[Exercise requirements] Lines with "ground": copy each one from the listing below.

++++++++++++++++++++

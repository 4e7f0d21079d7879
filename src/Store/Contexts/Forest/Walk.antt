-- ===== src/Store/Contexts/Forest/Walk.antt =====
-- The walk up to the root, step by step: more fuel changes nothing, and it needs as much as it
-- finds rows.
use warp_work.Base.{
  ℕ, zero, suc, ◌+◌, ◌≡◌, refl, sym, subst, ◌∙◌, none, some, List, [], ◌∷◌, ◌++◌, length,
  some_injective, length-append_one, arith, Option-cases, inl, inr,
}
use warp_work.Store.Contexts.{Context, ContextDb, find_context}
use warp_work.Store.Contexts.Tree.{climb}

module _ (db : ContextDb) where
  -- One step of the walk.
  pub data Climbs (n id : ℕ) (rows : List Context) : Type 0 where
    at_root :
        (c : Context)
        → find_context id db ≡ some c
        → c.parent_id ≡ none
        → rows ≡ c ∷ []
        → Climbs n id rows
    below :
        (c : Context) (p : ℕ) (above : List Context)
        → find_context id db ≡ some c
        → c.parent_id ≡ some p
        → climb n db p ≡ some above
        → rows ≡ above ++ c ∷ []
        → Climbs n id rows

  pub climb-Climbs :
      (n id : ℕ) (rows : List Context) → climb (suc n) db id ≡ some rows → Climbs n id rows
  unfolding climb
  climb-Climbs n id rows e = elim (Option-cases (find_context id db)) [
    | inl q ↦ cc (rw (q, climb) at e)
    | inr (c, q) ↦ elim (Option-cases c.parent_id) [
      | inl k ↦ at_root c q k (ground arith)
      | inr (p, k) ↦ elim (Option-cases (climb n db p)) [
        | inl t ↦ absurd (ground arith)
        | inr (above, t) ↦ below c p above q k t (ground arith)
      ]
    ]
  ]

  pub Climbs-climb :
      (n id : ℕ) (rows : List Context) → Climbs n id rows → climb (suc n) db id ≡ some rows
  unfolding climb
  Climbs-climb n id rows (at_root c q k e) = ground arith
  Climbs-climb n id rows (below c p above q k t e) = ground arith

  -- More fuel gives the same rows.
  climb-more :
      (n id : ℕ) (rows : List Context) → climb n db id ≡ some rows → climb (suc n) db id ≡ some rows
  climb-more zero id rows e = unfold climb in cc
  climb-more (suc n) id rows e = elim (climb-Climbs n id rows e) [
    | at_root c q k r ↦ Climbs-climb (suc n) id rows (at_root c q k r)
    | below c p above q k t r ↦
        Climbs-climb (suc n) id rows (below c p above q k (climb-more n p above t) r)
  ]

  pub climb-plus :
      (k n id : ℕ) (rows : List Context)
      → climb n db id ≡ some rows
      → climb (k + n) db id ≡ some rows
  climb-plus zero n id rows e = subst (λ m. climb m db id ≡ some rows) (omega arith) e
  climb-plus (suc k) n id rows e =
      subst (λ m. climb m db id ≡ some rows) (omega arith)
        (climb-more (k + n) id rows (climb-plus k n id rows e))

  pub climb_unique :
      (n m id : ℕ) (rows rows' : List Context)
      → climb n db id ≡ some rows
      → climb m db id ≡ some rows'
      → rows ≡ rows'
  climb_unique n m id rows rows' e e' = some_injective (
      sym (climb-plus m n id rows e)
      ∙ subst (λ k. climb k db id ≡ some rows') (omega arith) (climb-plus n m id rows' e'))

  -- The walk takes as many steps as it finds rows.
  pub climb-exact :
      (n id : ℕ) (rows : List Context)
      → climb n db id ≡ some rows
      → climb (length rows) db id ≡ some rows
  climb-exact zero id rows e = unfold climb in cc
  climb-exact (suc n) id rows e = elim (climb-Climbs n id rows e) [
    | at_root c q k r ↦ rw r (Climbs-climb 0 id (c ∷ []) (at_root c q k refl))
    | below c p above q k t r ↦
        rw (r, length-append_one)
          (Climbs-climb (length above) id (above ++ c ∷ [])
            (below c p above q k (climb-exact n p above t) refl))
  ]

++++++++++++++++++++

[Completed task]
      | inl k ↦ at_root c q k (ground arith)
        | inl t ↦ absurd (ground arith)
        | inr (above, t) ↦ below c p above q k t (ground arith)
  Climbs-climb n id rows (at_root c q k e) = ground arith
  Climbs-climb n id rows (below c p above q k t e) = ground arith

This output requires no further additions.